Look below for the line containing "start = (q.start" and the line containing "of a result."; repeat exactly those two lines and all lines between them, and nothing else.
START Data records
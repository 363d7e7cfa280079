-- ===== src/Cipherpy/Idea/Product.antt =====
-- The product of IDEA against multiplication modulo 65537, where 0 stands for 65536.
use python_proxy.Base.{
  ℕ, zero, suc, ◌+◌, ◌-◌, ◌*◌, ◌/◌, ◌%◌, ◌<◌, ◌≤◌, ◌≡◌, ◌↔◌, ◌⊎◌, ◌==◌, if◌then◌else◌, refl, ltb,
  arith, Bool-cases, inl, inr, ltb→lt, ltb_false→le, ap, ◌∙◌,
}
use python_proxy.Cipherpy.Idea.{idea_product}

-- The number that a word stands for, and the word of a number.
abbrev pub idea_number : ℕ → ℕ
idea_number w = if w == 0 then 65536 else w

abbrev pub idea_word : ℕ → ℕ
idea_word n = n % 65537 % 65536

product_lt : (a b : ℕ) → a < 65536 → b < 65536 → a * b < 65536 * 65536
product_lt a b h k = grind arith

folds :
    (p : ℕ)
    → p < 65536 * 65536
    → (p - p / 65536 + (if ltb (p % 65536) (p / 65536) then 1 else 0)) % 65536 ≡ p % 65537 % 65536
folds p h = elim (Bool-cases (ltb (p % 65536) (p / 65536))) [
  | inl e ↦ let less = ltb→lt _ _ e in rw e (omega (arith, less, h))
  | inr e ↦ let more = ltb_false→le _ _ e in rw e (omega (arith, more, h))
]

number_suc : (n : ℕ) → idea_number (suc n) ≡ suc n
number_suc n = ground arith

number_zero : idea_number 0 ≡ 65536
number_zero = refl

times_zero : (n : ℕ) → n * 0 ≡ 0
times_zero n = omega arith

-- The branch for `a` not zero, and for `a` zero.
product_suc :
    (a b : ℕ)
    → idea_product (suc a) b
      ≡ (suc a * b
          - suc a * b / 65536
          + (if ltb (suc a * b % 65536) (suc a * b / 65536) then 1 else 0))
        % 65536
unfolding idea_product
product_suc a b = ground arith

product_zero : (b : ℕ) → idea_product 0 b ≡ (65537 - b) % 65536
unfolding idea_product
product_zero b = refl

fits_zero :
    (a : ℕ)
    → suc a < 65536
    → (0 ≡ idea_word (idea_number (suc a) * idea_number 0)) ↔ ((0 < 0) ⊎ (suc a ≤ 1))
fits_zero a h =
    rw (number_suc a) (by_word (suc a * idea_number 0) (ap (λ n. suc a * n) number_zero))
  where
    by_word : (n : ℕ) → n ≡ suc a * 65536 → (0 ≡ idea_word n) ↔ ((0 < 0) ⊎ (suc a ≤ 1))
    by_word n e = (
      λ z. inr (omega (arith, e, z, h)),
      λ c. elim c [ inl lt ↦ absurd (omega (arith, lt)) | inr le ↦ omega (arith, e, le) ],
    )

-- For words below 65536, the product is the word of the product of their numbers modulo 65537 exactly
-- when `b` is positive or `a` is at most 1.
pub idea_product-eq_iff :
    (a b : ℕ)
    → a < 65536
    → b < 65536
    → (idea_product a b ≡ idea_word (idea_number a * idea_number b)) ↔ ((0 < b) ⊎ (a ≤ 1))
idea_product-eq_iff zero zero h k = (λ e. inr (omega arith), λ c. product_zero 0)
idea_product-eq_iff zero (suc b) h k =
    (λ e. inr (omega arith), λ c. product_zero (suc b) ∙ rw (number_suc b) (omega (arith, k)))
idea_product-eq_iff (suc a) zero h k = rw zero_product (fits_zero a h)
  where
    zero_product : idea_product (suc a) 0 ≡ 0
    zero_product = product_suc a 0 ∙ rw (times_zero (suc a)) refl
idea_product-eq_iff (suc a) (suc b) h k = (
  λ e. inl (omega arith),
  λ c.
      product_suc a (suc b)
      ∙ folds (suc a * suc b) (product_lt (suc a) (suc b) h k)
      ∙ rw (number_suc a) (rw (number_suc b) refl),
)
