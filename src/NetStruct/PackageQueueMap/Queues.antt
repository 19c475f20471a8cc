-- ===== src/NetStruct/PackageQueueMap/Queues.antt =====
-- The two queues of ids as one: the ids to send again, then those not sent yet.
use sharpvpn.Base.{
  ℕ, true, false, ◌+◌, ◌-◌, ◌*◌, ◌%◌, ◌<◌, ◌≡◌, sym, ap, ◌∙◌, List, [], ◌∷◌, ◌++◌, Option, none,
  leb, head?, drop, Bool-cases, inl, inr, leb_zero_false→lt,
}
use mathlib.Core.Option
use mathlib.Core.List.{append_assoc}
use sharpvpn.NetStruct.PackageQueueMap.{PackageQueueMap, at, push, resend, pop}
use sharpvpn.NetStruct.Ring
use sharpvpn.NetStruct.Ring.{Ring}
use sharpvpn.NetStruct.Ring.Contents.{push_lem, contents-empty, contents-cons, advance-IsValid}

module _ {A : Type 0} where
  -- Either queue is a cyclic buffer.
  abbrev pub sends : PackageQueueMap A → Ring ℕ
  sends q = record {
    arr = q.queue;
    len = q.len;
    start = q.start;
    end = q.end;
    capacity = 2 * q.capacity;
  }

  abbrev pub resends : PackageQueueMap A → Ring ℕ
  resends q = record {
    arr = q.resend_queue;
    len = q.resend_len;
    start = q.resend_start;
    end = q.resend_end;
    capacity = q.capacity;
  }

  pub record IsValid (q : PackageQueueMap A) : Type 0 where
    pub sends_valid : Ring.IsValid (sends q)
    pub resends_valid : Ring.IsValid (resends q)

  -- The ids to send, in the order in which they go.
  abbrev pub pending : PackageQueueMap A → List ℕ
  pending q = Ring.contents (resends q) ++ Ring.contents (sends q)

  pub push-pending :
      (q : PackageQueueMap A) (d : A) (id : ℕ)
      → IsValid q
      → q.len < 2 * q.capacity
      → IsValid (push q d id) × (pending (push q d id) ≡ pending q ++ (id ∷ []))
  unfolding push Ring.push
  push-pending q d id v h =
      let pushed = push_lem (sends q) id v.sends_valid h in
      (
        record { sends_valid = pushed.0; resends_valid = v.resends_valid },
        ap (◌++◌ (Ring.contents (resends q))) pushed.1
            ∙ sym (append_assoc (Ring.contents (resends q)) (Ring.contents (sends q)) (id ∷ [])),
      )

  -- An id to send again goes behind the others of that kind, and before all that were not sent.
  pub resend-pending :
      (q : PackageQueueMap A) (id : ℕ)
      → IsValid q
      → q.resend_len < q.capacity
      → IsValid (resend q id)
        × (pending (resend q id) ≡ Ring.contents (resends q) ++ (id ∷ Ring.contents (sends q)))
  unfolding resend Ring.push
  resend-pending q id v h =
      let pushed = push_lem (resends q) id v.resends_valid h in
      (
        record { sends_valid = v.sends_valid; resends_valid = pushed.0 },
        ap (λ l. l ++ Ring.contents (sends q)) pushed.1
            ∙ append_assoc (Ring.contents (resends q)) (id ∷ []) (Ring.contents (sends q)),
      )

  pop-sends :
      (q : PackageQueueMap A)
      → leb q.resend_len 0 ≡ true
      → leb q.len 0 ≡ false
      → pop q ≡ (
        at q (q.queue q.start),
        record q { start = (q.start + 1) % (2 * q.capacity); len = q.len - 1 },
      )
  unfolding pop
  pop-sends q r l = rw (r, l)

  pop-resends :
      (q : PackageQueueMap A)
      → leb q.resend_len 0 ≡ false
      → pop q ≡ (
        at q (q.resend_queue q.resend_start),
        record q {
          resend_start = (q.resend_start + 1) % q.capacity;
          resend_len = q.resend_len - 1;
        },
      )
  unfolding pop
  pop-resends q r = elim (Bool-cases (leb q.len 0)) [ inl l ↦ rw (r, l) | inr l ↦ rw (r, l) ]

  pop-empty :
      (q : PackageQueueMap A) → leb q.resend_len 0 ≡ true → leb q.len 0 ≡ true → pop q ≡ (none, q)
  unfolding pop
  pop-empty q r l = rw (r, l)

  -- What `pop` promises of a result.
  pub record Pops (q : PackageQueueMap A) (r : Option A × PackageQueueMap A) : Type 0 where
    pub valid : IsValid r.1
    pub rest : pending r.1 ≡ drop 1 (pending q)
    pub found : r.0 ≡ Option.bind (head? (pending q)) (at q)

  -- `pop` takes the first pending id and returns the package that the table holds for it, or the
  -- null pointer if there is none; nothing else is taken.
  pub pop-Pops : (q : PackageQueueMap A) → IsValid q → Pops q (pop q)
  pop-Pops q v = elim (Bool-cases (leb q.resend_len 0)) [
    | inr r ↦ rw (pop-resends q r) (record {
      valid = record {
        sends_valid = v.sends_valid;
        resends_valid =
            advance-IsValid (resends q) v.resends_valid (leb_zero_false→lt q.resend_len r);
      };
      rest = rw (contents-cons (resends q) r);
      found = unfold Option.bind in rw (contents-cons (resends q) r);
    })
    | inl r ↦ elim (Bool-cases (leb q.len 0)) [
      | inl l ↦ rw (pop-empty q r l) (record {
        valid = v;
        rest = rw (contents-empty (resends q) r, contents-empty (sends q) l);
        found = unfold Option.bind in rw (contents-empty (resends q) r, contents-empty (sends q) l);
      })
      | inr l ↦ rw (pop-sends q r l) (record {
        valid = record {
          sends_valid = advance-IsValid (sends q) v.sends_valid (leb_zero_false→lt q.len l);
          resends_valid = v.resends_valid;
        };
        rest = rw (contents-empty (resends q) r, contents-cons (sends q) l);
        found = unfold Option.bind in rw (contents-empty (resends q) r, contents-cons (sends q) l);
      })
    ]
  ]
END Data records
__Expected output__.
        record q { start = (q.start + 1) % (2 * q.capacity); len = q.len - 1 },
      )
  unfolding pop
  pop-sends q r l = rw (r, l)

  pop-resends :
      (q : PackageQueueMap A)
      → leb q.resend_len 0 ≡ false
      → pop q ≡ (
        at q (q.resend_queue q.resend_start),
        record q {
          resend_start = (q.resend_start + 1) % q.capacity;
          resend_len = q.resend_len - 1;
        },
      )
  unfolding pop
  pop-resends q r = elim (Bool-cases (leb q.len 0)) [ inl l ↦ rw (r, l) | inr l ↦ rw (r, l) ]

  pop-empty :
      (q : PackageQueueMap A) → leb q.resend_len 0 ≡ true → leb q.len 0 ≡ true → pop q ≡ (none, q)
  unfolding pop
  pop-empty q r l = rw (r, l)

  -- What `pop` promises of a result.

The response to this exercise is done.